- Tuning Overview
- List the roles associated with the database tuning process
- Define the steps associated with the tunning process
The DBA, the application developer, management, the system administrator, the network administrator.
Considered on the ROI (Return on Investment) outline here are the tunning recommendation in order:
- Do a proper logical design: In practice this often means more tables with fewer rows per table. In turn, this means the capability for faster searching. The fewer rows that are stored and must be searched through, regardless of the search techinque, the quicker you'll be able to find what you're looking for.
- Do a proper physical design : Separate the datafiles (tablespaces ) into different disks to avoid I/O contention , use striping.
- Redesign if necessary Sometimes the best way to correct the database without extensive tuning efforts is a re-analysis and redesign. Consider redesign when the initial design was hurried, or when multiple databases need to be integrated.
- Write Efficient Application Code: If some SQL code uses an inefficient seach or sort routine, despite the best efforts of the Oracle optimizer, the application will run slowly.
- Rewrite code if necessary: If application code efficiency comes into question and resource and management permit , re-analyze and re-write the code.
- Tune the database memory structures Oracle can offer substantial improvments through the tuning of its database buffer cache. Also the shared pool caches SQL code via the library cache component and caches the data dictonary component through ,obviously ,data dictonary cache. The redo log buffer is a separatly tunable area in the SGA.
- Tune OS memory Structures if necessary : The SWAP area can become a bottleneck since it functions as an OS temporary storage, user temporary storage, and the OS virtual memory backing store. The SA and DBA musht work together so that the OS provides enough shared memory and semaphores to give the Oracle processes enough breathing room to operate efficiently.
- Tune Database I/O Database I/O is affected by both the RDBMS and the OS of course, but tuning the I/O means relocating logical and physical structures to reduce contention. If this point in tunning is reached you will have already tuned the database buffer cache. Now the main focus will be to simply adjust the physical design. You physically do more redesiging , if necessary with I/O in mind exclusively.

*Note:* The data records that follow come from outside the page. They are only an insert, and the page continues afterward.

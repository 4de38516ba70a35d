-- ===== src/Daemon/Metrics.antt =====
-- internal/metrics/metrics.go: the readers of /proc and the sampler. A file is its text, or `none`
-- where it cannot be read. A uint64 wraps around at 2 ^ 64. A percentage is the fraction that it is
-- computed from, before it is rounded as a float64.
pub mod Ticks
use sshcustom_vpnchain.Base.{
  ℕ, zero, suc, ◌+◌, ◌-◌, ◌*◌, ◌%◌, ◌^◌, not, ◌&&◌, Option, none, some, List, [], ◌∷◌, ltb, leb,
  ◌==◌, if◌then◌else◌, length, drop, is_empty, all, Bytes, codes, str_eq,
}
use mathlib.Core.Option
use sshcustom_vpnchain.Base.Text.{has_prefix}
use sshcustom_vpnchain.Base.Decimal.{is_digit, spelled}
use sshcustom_vpnchain.Net.HostPort.{cut_last}
use sshcustom_vpnchain.Transport.{split_lines, fields_onto}

abbrev pub uint64 : ℕ
uint64 = 2 ^ 64

-- `strconv.ParseUint(s, 10, 64)`.
unfoldable pub parse_uint : Bytes → Option ℕ
parse_uint s =
    if not (is_empty s) && (all is_digit s && ltb (spelled 0 s) uint64)
    then some (spelled 0 s)
    else none

abbrev pub field_at : ℕ → List Bytes → Option Bytes
field_at i [] = none
field_at zero (f ∷ fs) = some f
field_at (suc i) (f ∷ fs) = field_at i fs

abbrev pub number_of : Option Bytes → Option ℕ
number_of none = none
number_of (some f) = parse_uint f

or_zero : Option ℕ → ℕ
or_zero none = 0
or_zero (some v) = v

-- The sum of the fields that are numbers.
sum_of : ℕ → List Bytes → ℕ
unfolding or_zero
sum_of total [] = total
sum_of total (f ∷ fs) = sum_of ((total + or_zero (parse_uint f)) % uint64) fs

first_line : List Bytes → Bytes
first_line [] = []
first_line (l ∷ ls) = l

-- `readSystemCPUTicks`.
unfoldable pub read_system_cpu_ticks : Option Bytes → Option ℕ
unfolding sum_of first_line split_lines fields_onto
read_system_cpu_ticks none = none
read_system_cpu_ticks (some b) =
    let line = first_line (split_lines b) in
    let total = sum_of 0 (drop 1 (fields_onto [] line)) in
    if has_prefix line (codes "cpu ") && ltb 0 total then some total else none

-- `utime + stime`, where both are numbers.
abbrev pub ticks_sum : Option ℕ → Option ℕ → Option ℕ
ticks_sum (some u) (some s) = some ((u + s) % uint64)
ticks_sum _ _ = none

abbrev pub ticks_of : List Bytes → Option ℕ
ticks_of fields =
    let ticks = ticks_sum (number_of (field_at 11 fields)) (number_of (field_at 12 fields)) in
    if ltb (length fields) 13 then none else ticks

-- Behind the last `)`.
abbrev pub behind_name : Option (Bytes × Bytes) → Option ℕ
behind_name none = none
behind_name (some (before, after)) =
    if leb (length after) 1 then none else ticks_of (fields_onto [] (drop 1 after))

-- `readProcessCPUTicks`.
unfoldable pub read_process_cpu_ticks : Option Bytes → Option ℕ
read_process_cpu_ticks none = none
read_process_cpu_ticks (some s) = behind_name (cut_last b')' s)

pages_of : Option ℕ → ℕ → ℕ
pages_of none page_size = 0
pages_of (some pages) page_size = pages * page_size % uint64

-- `readRSSBytes`; the second field counts pages.
unfoldable pub read_rss_bytes : ℕ → Option Bytes → ℕ
unfolding pages_of fields_onto
read_rss_bytes page_size none = 0
read_rss_bytes page_size (some b) = pages_of (number_of (field_at 1 (fields_onto [] b))) page_size

-- `strings.TrimSuffix(s, ":")`.
without_colon : Bytes → Bytes
without_colon [] = []
without_colon (c ∷ s) = if c == b':' && is_empty s then [] else c ∷ without_colon s

-- A line of /proc/meminfo onto the total and what is available.
mem_line : List Bytes → ℕ × ℕ → ℕ × ℕ
unfolding without_colon
mem_line (name ∷ value ∷ rest) (total, avail) = elim (parse_uint value) [
  | none ↦ (total, avail)
  | some v ↦
      if str_eq (without_colon name) (codes "MemTotal")
      then (v * 1024 % uint64, avail)
      else if str_eq (without_colon name) (codes "MemAvailable")
      then (total, v * 1024 % uint64)
      else (total, avail)
]
mem_line _ found = found

mem_lines : List Bytes → ℕ × ℕ → ℕ × ℕ
unfolding mem_line fields_onto
mem_lines [] found = found
mem_lines (l ∷ ls) found = mem_lines ls (mem_line (fields_onto [] l) found)

-- `readMemInfoBytes`.
unfoldable pub read_mem_info_bytes : Option Bytes → ℕ × ℕ
unfolding mem_lines split_lines
read_mem_info_bytes none = (0, 0)
read_mem_info_bytes (some b) = mem_lines (split_lines b) (0, 0)

-- What one sample finds in /proc, and the number of goroutines.
pub record Proc : Type 0 where
  pub stat : Option Bytes
  pub self_stat : Option Bytes
  pub statm : Option Bytes
  pub meminfo : Option Bytes
  pub page_size : ℕ
  pub goroutines : ℕ

-- `Snapshot`; a percentage is a part and its whole, and `none` where it stays 0.
pub record Snapshot : Type 0 where
  pub cpu : Option (ℕ × ℕ)
  pub memory_rss_bytes : ℕ
  pub system_mem_total : ℕ
  pub system_mem_avail : ℕ
  pub system_mem_used : Option (ℕ × ℕ)
  pub goroutines : ℕ

pub record Sampler : Type 0 where
  pub last_sys_ticks : ℕ
  pub last_proc_ticks : ℕ

-- The part of the processor's time, by the ticks of this sample and the last; a difference wraps.
cpu_part : Sampler → Option ℕ → Option ℕ → Option (ℕ × ℕ)
cpu_part s (some sys) (some proc) =
    if ltb 0 s.last_sys_ticks && ltb s.last_sys_ticks sys
    then some ((proc + uint64 - s.last_proc_ticks) % uint64, sys - s.last_sys_ticks)
    else none
cpu_part s _ _ = none

kept_or : ℕ → Option ℕ → ℕ
kept_or old none = old
kept_or old (some new) = new

-- `Sampler.Sample`.
unfoldable pub sample : Proc → Sampler → Snapshot × Sampler
unfolding cpu_part kept_or
sample p s =
    let sys = read_system_cpu_ticks p.stat in
    let proc = read_process_cpu_ticks p.self_stat in
    let (total, avail) = read_mem_info_bytes p.meminfo in
    (
      record {
        cpu = cpu_part s sys proc;
        memory_rss_bytes = read_rss_bytes p.page_size p.statm;
        system_mem_total = total;
        system_mem_avail = avail;
        system_mem_used =
            if ltb 0 total && leb avail total then some (total - avail, total) else none;
        goroutines = p.goroutines;
      },
      record {
        last_sys_ticks = kept_or s.last_sys_ticks sys;
        last_proc_ticks = kept_or s.last_proc_ticks proc;
      },
    )

-- The snapshots of a run of the sampler, from its start on.
unfoldable pub samples : Sampler → List Proc → Sampler
unfolding sample
samples s [] = s
samples s (p ∷ ps) = samples (sample p s).1 ps

abbrev pub new_sampler : Sampler
new_sampler = record { last_sys_ticks = 0; last_proc_ticks = 0 }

- Tune OS I/O if necessary The OS fullfils all write and reads requests by all processes, including the Oracle background procceses DBWR and LGRW. As OS typically buffers these requests, performs reads and writes, and then returns the acknowlegment and data back to the process upon completion. File system are data structures that contain metadata about the files they manage, suche as the location of each files starting sector address, its sector length, its directory tree location, its attributes (permissions,size,timestamps,etc). In UNIX, file systems have their own logical block sizes, which correspond to something greater than or equal to a physical block size (512 bytes), usually 8KB by default. The oracle Block size should be at least 8KB or a multiple of it,such as 16KB.
- Tune the network if necessary A saturated network can cancel out imporvments made by database tuning.

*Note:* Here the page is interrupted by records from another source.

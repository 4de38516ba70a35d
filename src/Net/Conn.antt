-- ===== src/Net/Conn.antt =====
-- A stream connection for one exchange: the bytes that the peer sends before it closes, the bytes
-- written so far, and whether writes fail. A routine is a function from the connection to its
-- result and the connection after it, so that what was written before an error is kept.
use sshcustom_vpnchain.Base.{
  ℕ, zero, suc, ◌≡◌, refl, inl, inr, Bool, true, false, Option, none, some, [], ◌∷◌, ◌++◌, arith,
  if◌then◌else◌, Option-cases, length, Bytes,
}
use sshcustom_vpnchain.Base.Res.{Res, ok, err}

pub record Conn : Type 0 where
  pub input : Bytes
  pub output : Bytes
  pub broken : Bool

pub data Fault : Type 0 where
  -- `io.ReadFull` at the end of the stream, and a failed `Write`.
  end_of_input write_failed : Fault
  -- A check of the code's own that refused the value read.
  refused : ℕ → Fault

abbrev pub M : Type 0 → Type 0
M A = Conn → Res Fault A × Conn

abbrev pub bind_result {ℓ} :
    {A B : Type ℓ} → (A → Conn → Res Fault B × Conn) → Res Fault A × Conn → Res Fault B × Conn
bind_result f (ok a, c) = f a c
bind_result f (err e, c) = (err e, c)

infixl 5 ◌>>=◌ ◌>>◌
abbrev pub ◌>>=◌ : {A B : Type 0} → M A → (A → M B) → M B
◌>>=◌ m f c = bind_result f (m c)

abbrev pub ◌>>◌ : {B : Type 0} → M (Unit {0}) → M B → M B
m >> k = m >>= λ _. k

abbrev pub pure : {A : Type 0} → A → M A
pure a c = (ok a, c)

abbrev pub fail : {A : Type 0} → Fault → M A
fail e c = (err e, c)

-- `if test { return error }`.
abbrev pub refuse_if : Bool → ℕ → M (Unit {0})
refuse_if true why = fail (refused why)
refuse_if false why = pure tt

abbrev pub push : ℕ → Option (Bytes × Bytes) → Option (Bytes × Bytes)
push b none = none
push b (some (xs, r)) = some (b ∷ xs, r)

-- The outcome of `io.ReadFull(c, buf[:n])`: the stream's first n bytes and the rest of it.
abbrev pub split_at : ℕ → Bytes → Option (Bytes × Bytes)
split_at zero s = some ([], s)
split_at (suc n) [] = none
split_at (suc n) (b ∷ s) = push b (split_at n s)

abbrev pub full_read : Conn → Option (Bytes × Bytes) → Res Fault Bytes × Conn
full_read c none = (err end_of_input, record c { input = [] })
full_read c (some (xs, r)) = (ok xs, record c { input = r })

-- `io.ReadFull`.
abbrev pub read_full : ℕ → M Bytes
read_full n c = full_read c (split_at n c.input)

-- `Write` of a whole slice.
abbrev pub write : Bytes → M (Unit {0})
write bs c =
    if c.broken then (err write_failed, c) else (ok tt, record c { output = c.output ++ bs })

-- `buf[i]`, inside the slice.
abbrev pub byte_at : Bytes → ℕ → ℕ
byte_at [] i = 0
byte_at (b ∷ s) zero = b
byte_at (b ∷ s) (suc i) = byte_at s i

pub split_at-append : (xs r : Bytes) → split_at (length xs) (xs ++ r) ≡ some (xs, r)
split_at-append [] r = refl
split_at-append (b ∷ xs) r = ground (arith, split_at-append xs r)

pub split_at_sound :
    (n : ℕ) (s xs r : Bytes) → split_at n s ≡ some (xs, r) → (s ≡ xs ++ r) × (length xs ≡ n)
split_at_sound zero s xs r h = ground arith
split_at_sound (suc n) [] xs r h = ground arith
split_at_sound (suc n) (b ∷ s) xs r h = elim (Option-cases (split_at n s)) [
  | inl e ↦ absurd (ground (arith, e))
  | inr ((ys, q), e) ↦ ground (arith, e, split_at_sound n s ys q e)
]

-- Inversion of a successful chain.
pub bind_result-eq-ok :
    {A B : Type 0} (r : Res Fault A × Conn) (f : A → M B) (c : Conn) (b : B)
    → bind_result f r ≡ (ok b, c)
    → (a : A) × (d : Conn) × (r ≡ (ok a, d)) × (f a d ≡ (ok b, c))
bind_result-eq-ok (ok a, d) f c b h = (a, d, refl, h)
bind_result-eq-ok (err e, d) f c b h = absurd (ground (arith, h))

pub >>=-eq-ok :
    {A B : Type 0} (m : M A) (f : A → M B) (c c' : Conn) (b : B)
    → (m >>= f) c ≡ (ok b, c')
    → (a : A) × (d : Conn) × (m c ≡ (ok a, d)) × (f a d ≡ (ok b, c'))
>>=-eq-ok m f c c' b h = bind_result-eq-ok (m c) f c' b h

-- What a successful read leaves, and that it changes nothing else.
pub read_full_sound :
    (n : ℕ) (c c' : Conn) (xs : Bytes)
    → read_full n c ≡ (ok xs, c')
    → (c.input ≡ xs ++ c'.input) × (length xs ≡ n) × (c' ≡ record c { input = c'.input })
read_full_sound n c c' xs h = elim (Option-cases (split_at n c.input)) [
  | inl e ↦ absurd (ground (arith, e))
  | inr ((ys, q), e) ↦ ground (arith, split_at_sound n c.input ys q e)
]

-- A slice of known length, byte by byte.
pub one_byte : (xs : Bytes) → length xs ≡ 1 → xs ≡ byte_at xs 0 ∷ []
one_byte [] h = ground arith
one_byte (a ∷ []) h = refl
one_byte (a ∷ b ∷ xs) h = ground arith

pub two_bytes : (xs : Bytes) → length xs ≡ 2 → xs ≡ byte_at xs 0 ∷ byte_at xs 1 ∷ []
two_bytes [] h = ground arith
two_bytes (a ∷ xs) h = ground (arith, one_byte xs (omega arith))

pub four_bytes :
    (xs : Bytes)
    → length xs ≡ 4
    → xs ≡ byte_at xs 0 ∷ byte_at xs 1 ∷ byte_at xs 2 ∷ byte_at xs 3 ∷ []
four_bytes [] h = ground arith
four_bytes (a ∷ []) h = ground arith
four_bytes (a ∷ b ∷ xs) h = ground (arith, two_bytes xs (omega arith))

- Tune the clients if necessary
- Consider more exotic solutions Oracle Multithreaded Server ("MTS") , transaction processing (TP) monitors, Oracle Parallel Query and other parallel capabilities, Oracle's clustering capabilities, Oracle's bitmapped indexing, MPP machines, solid state disks, memory-resident (RAM) disks, hardware accelerators and queuing systems.
Other importatn OS and Oracle I/O tuning issues include: read-ahead capabilities, asynchronous I/O, multiblock reads, RAID stripe sizes, disk geometry issues, controlles issues,and many more.
There are different ways of determining the goals of a performance tuning effort, consider the application type, also sampling the database on various quantative measaurs is further defining the tuning goals:
- Throughput : Work per unit time , as measured by transactions per second; higher is obviously better.
- Response Time: The time it takes for an application to respond, measured in milliseconds or seconds, lower is better.
- Wall Time : The elapsed time a program takes to run, lower is better.
In most systems throughput and response time run counter to one another as tuning goals. If response time is high (bad), throughput might be high (good). If throughput is low (bad) then response time might be low (good).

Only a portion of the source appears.